Collected data:
= = = =

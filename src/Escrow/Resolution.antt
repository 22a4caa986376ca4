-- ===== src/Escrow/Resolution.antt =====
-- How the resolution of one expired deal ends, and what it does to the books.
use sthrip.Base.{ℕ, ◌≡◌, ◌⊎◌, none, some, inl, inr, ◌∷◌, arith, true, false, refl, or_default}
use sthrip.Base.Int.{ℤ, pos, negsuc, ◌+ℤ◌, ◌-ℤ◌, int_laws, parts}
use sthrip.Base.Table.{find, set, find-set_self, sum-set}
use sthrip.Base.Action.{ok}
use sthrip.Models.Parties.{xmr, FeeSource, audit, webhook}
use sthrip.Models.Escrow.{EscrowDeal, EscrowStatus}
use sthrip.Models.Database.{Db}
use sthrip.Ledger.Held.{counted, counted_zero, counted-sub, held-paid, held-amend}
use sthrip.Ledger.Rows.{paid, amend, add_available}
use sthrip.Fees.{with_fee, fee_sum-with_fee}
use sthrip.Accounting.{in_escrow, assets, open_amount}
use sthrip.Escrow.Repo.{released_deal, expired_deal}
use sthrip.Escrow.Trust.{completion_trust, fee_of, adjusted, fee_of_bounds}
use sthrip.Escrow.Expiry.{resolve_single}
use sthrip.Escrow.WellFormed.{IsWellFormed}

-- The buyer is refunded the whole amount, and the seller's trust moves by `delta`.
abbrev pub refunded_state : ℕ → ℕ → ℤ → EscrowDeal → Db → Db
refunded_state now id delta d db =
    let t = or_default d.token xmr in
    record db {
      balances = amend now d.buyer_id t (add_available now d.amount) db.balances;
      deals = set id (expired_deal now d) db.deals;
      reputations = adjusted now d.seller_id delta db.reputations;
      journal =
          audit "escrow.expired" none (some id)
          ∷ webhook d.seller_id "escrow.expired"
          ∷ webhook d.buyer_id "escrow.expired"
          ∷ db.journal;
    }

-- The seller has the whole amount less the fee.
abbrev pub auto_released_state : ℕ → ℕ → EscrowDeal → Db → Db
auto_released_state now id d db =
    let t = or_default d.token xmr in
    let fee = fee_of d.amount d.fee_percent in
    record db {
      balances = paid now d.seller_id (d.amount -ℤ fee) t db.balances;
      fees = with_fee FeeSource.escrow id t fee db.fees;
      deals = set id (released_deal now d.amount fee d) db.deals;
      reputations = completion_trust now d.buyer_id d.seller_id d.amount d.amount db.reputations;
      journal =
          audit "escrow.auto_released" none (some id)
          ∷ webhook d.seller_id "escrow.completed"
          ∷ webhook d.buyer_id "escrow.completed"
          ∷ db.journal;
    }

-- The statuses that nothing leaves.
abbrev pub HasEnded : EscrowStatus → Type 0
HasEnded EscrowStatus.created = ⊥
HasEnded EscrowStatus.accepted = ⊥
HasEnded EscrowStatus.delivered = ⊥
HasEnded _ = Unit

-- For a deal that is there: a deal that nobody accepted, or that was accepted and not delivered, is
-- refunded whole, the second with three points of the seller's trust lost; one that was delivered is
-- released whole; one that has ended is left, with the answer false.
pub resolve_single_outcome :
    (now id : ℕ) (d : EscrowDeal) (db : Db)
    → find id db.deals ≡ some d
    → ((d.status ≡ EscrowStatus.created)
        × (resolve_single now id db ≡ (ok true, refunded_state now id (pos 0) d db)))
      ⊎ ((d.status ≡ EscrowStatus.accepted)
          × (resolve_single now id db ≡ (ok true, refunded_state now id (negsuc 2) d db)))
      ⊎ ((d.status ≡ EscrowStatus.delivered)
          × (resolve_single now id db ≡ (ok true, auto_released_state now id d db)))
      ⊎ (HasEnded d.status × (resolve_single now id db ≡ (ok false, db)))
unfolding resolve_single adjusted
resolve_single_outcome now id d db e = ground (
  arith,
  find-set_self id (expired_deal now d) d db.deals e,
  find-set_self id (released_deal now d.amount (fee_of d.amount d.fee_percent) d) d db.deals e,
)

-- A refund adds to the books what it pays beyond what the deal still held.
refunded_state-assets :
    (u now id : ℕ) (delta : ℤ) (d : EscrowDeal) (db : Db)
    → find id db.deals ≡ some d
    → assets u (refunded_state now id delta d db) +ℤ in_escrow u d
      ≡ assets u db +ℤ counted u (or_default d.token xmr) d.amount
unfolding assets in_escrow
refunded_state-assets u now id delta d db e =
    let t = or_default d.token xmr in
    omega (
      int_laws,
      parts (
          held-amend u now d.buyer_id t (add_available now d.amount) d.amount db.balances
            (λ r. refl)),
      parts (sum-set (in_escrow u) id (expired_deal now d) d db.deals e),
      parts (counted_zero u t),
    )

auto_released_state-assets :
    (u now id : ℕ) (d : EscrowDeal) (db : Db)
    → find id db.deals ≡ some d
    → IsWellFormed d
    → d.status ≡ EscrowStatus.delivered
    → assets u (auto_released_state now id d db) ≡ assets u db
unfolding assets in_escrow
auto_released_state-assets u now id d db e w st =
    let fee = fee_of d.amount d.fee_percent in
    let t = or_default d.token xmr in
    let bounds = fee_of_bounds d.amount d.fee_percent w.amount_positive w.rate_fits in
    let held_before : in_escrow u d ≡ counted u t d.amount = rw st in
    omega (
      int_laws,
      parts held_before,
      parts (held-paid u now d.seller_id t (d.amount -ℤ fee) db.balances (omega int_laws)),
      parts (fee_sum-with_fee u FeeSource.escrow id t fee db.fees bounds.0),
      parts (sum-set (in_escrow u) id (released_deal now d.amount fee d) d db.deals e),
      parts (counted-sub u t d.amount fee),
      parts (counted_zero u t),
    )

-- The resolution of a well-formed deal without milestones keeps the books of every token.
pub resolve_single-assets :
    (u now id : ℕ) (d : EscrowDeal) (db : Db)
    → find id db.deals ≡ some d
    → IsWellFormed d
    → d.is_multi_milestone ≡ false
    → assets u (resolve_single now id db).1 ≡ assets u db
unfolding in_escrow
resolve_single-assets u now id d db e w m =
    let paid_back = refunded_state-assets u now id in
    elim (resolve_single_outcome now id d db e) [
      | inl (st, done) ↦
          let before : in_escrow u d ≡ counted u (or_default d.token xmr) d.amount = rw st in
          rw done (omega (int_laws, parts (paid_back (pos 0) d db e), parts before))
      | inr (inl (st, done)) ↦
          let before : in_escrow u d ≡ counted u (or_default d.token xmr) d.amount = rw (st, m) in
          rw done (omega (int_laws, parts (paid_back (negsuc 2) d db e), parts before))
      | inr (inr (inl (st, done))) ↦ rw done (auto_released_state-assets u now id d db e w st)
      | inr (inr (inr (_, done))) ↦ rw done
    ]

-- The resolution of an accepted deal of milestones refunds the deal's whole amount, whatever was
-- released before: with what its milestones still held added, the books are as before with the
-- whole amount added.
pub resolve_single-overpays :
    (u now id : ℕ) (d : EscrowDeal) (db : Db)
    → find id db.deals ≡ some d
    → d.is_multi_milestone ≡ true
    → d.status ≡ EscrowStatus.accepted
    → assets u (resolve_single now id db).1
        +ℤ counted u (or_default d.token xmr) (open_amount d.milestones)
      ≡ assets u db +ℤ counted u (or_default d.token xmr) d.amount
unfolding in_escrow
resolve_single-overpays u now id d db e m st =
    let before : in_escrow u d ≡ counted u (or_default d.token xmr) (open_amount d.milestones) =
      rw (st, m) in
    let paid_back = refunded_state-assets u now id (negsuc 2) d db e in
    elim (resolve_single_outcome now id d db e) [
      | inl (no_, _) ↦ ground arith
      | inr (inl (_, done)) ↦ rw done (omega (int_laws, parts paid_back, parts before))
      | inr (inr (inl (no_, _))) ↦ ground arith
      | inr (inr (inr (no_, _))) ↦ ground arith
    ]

= = = =

Instructions for the task ::
Set down the lines of the records exactly, from the first one through the line containing "-- The seller", and add nothing else.

Exercise answer ::
filename src/Escrow/Resolution.antt
repository 22a4caa986376ca4
-- ===== src/Escrow/Resolution.antt =====
-- How the resolution of one expired deal ends, and what it does to the books.
use sthrip.Base.{ℕ, ◌≡◌, ◌⊎◌, none, some, inl, inr, ◌∷◌, arith, true, false, refl, or_default}
use sthrip.Base.Int.{ℤ, pos, negsuc, ◌+ℤ◌, ◌-ℤ◌, int_laws, parts}
use sthrip.Base.Table.{find, set, find-set_self, sum-set}
use sthrip.Base.Action.{ok}
use sthrip.Models.Parties.{xmr, FeeSource, audit, webhook}
use sthrip.Models.Escrow.{EscrowDeal, EscrowStatus}
use sthrip.Models.Database.{Db}
use sthrip.Ledger.Held.{counted, counted_zero, counted-sub, held-paid, held-amend}
use sthrip.Ledger.Rows.{paid, amend, add_available}
use sthrip.Fees.{with_fee, fee_sum-with_fee}
use sthrip.Accounting.{in_escrow, assets, open_amount}
use sthrip.Escrow.Repo.{released_deal, expired_deal}
use sthrip.Escrow.Trust.{completion_trust, fee_of, adjusted, fee_of_bounds}
use sthrip.Escrow.Expiry.{resolve_single}
use sthrip.Escrow.WellFormed.{IsWellFormed}

-- The buyer is refunded the whole amount, and the seller's trust moves by `delta`.
abbrev pub refunded_state : ℕ → ℕ → ℤ → EscrowDeal → Db → Db
refunded_state now id delta d db =
    let t = or_default d.token xmr in
    record db {
      balances = amend now d.buyer_id t (add_available now d.amount) db.balances;
      deals = set id (expired_deal now d) db.deals;
      reputations = adjusted now d.seller_id delta db.reputations;
      journal =
          audit "escrow.expired" none (some id)
          ∷ webhook d.seller_id "escrow.expired"
          ∷ webhook d.buyer_id "escrow.expired"
          ∷ db.journal;
    }

-- The seller has the whole amount less the fee.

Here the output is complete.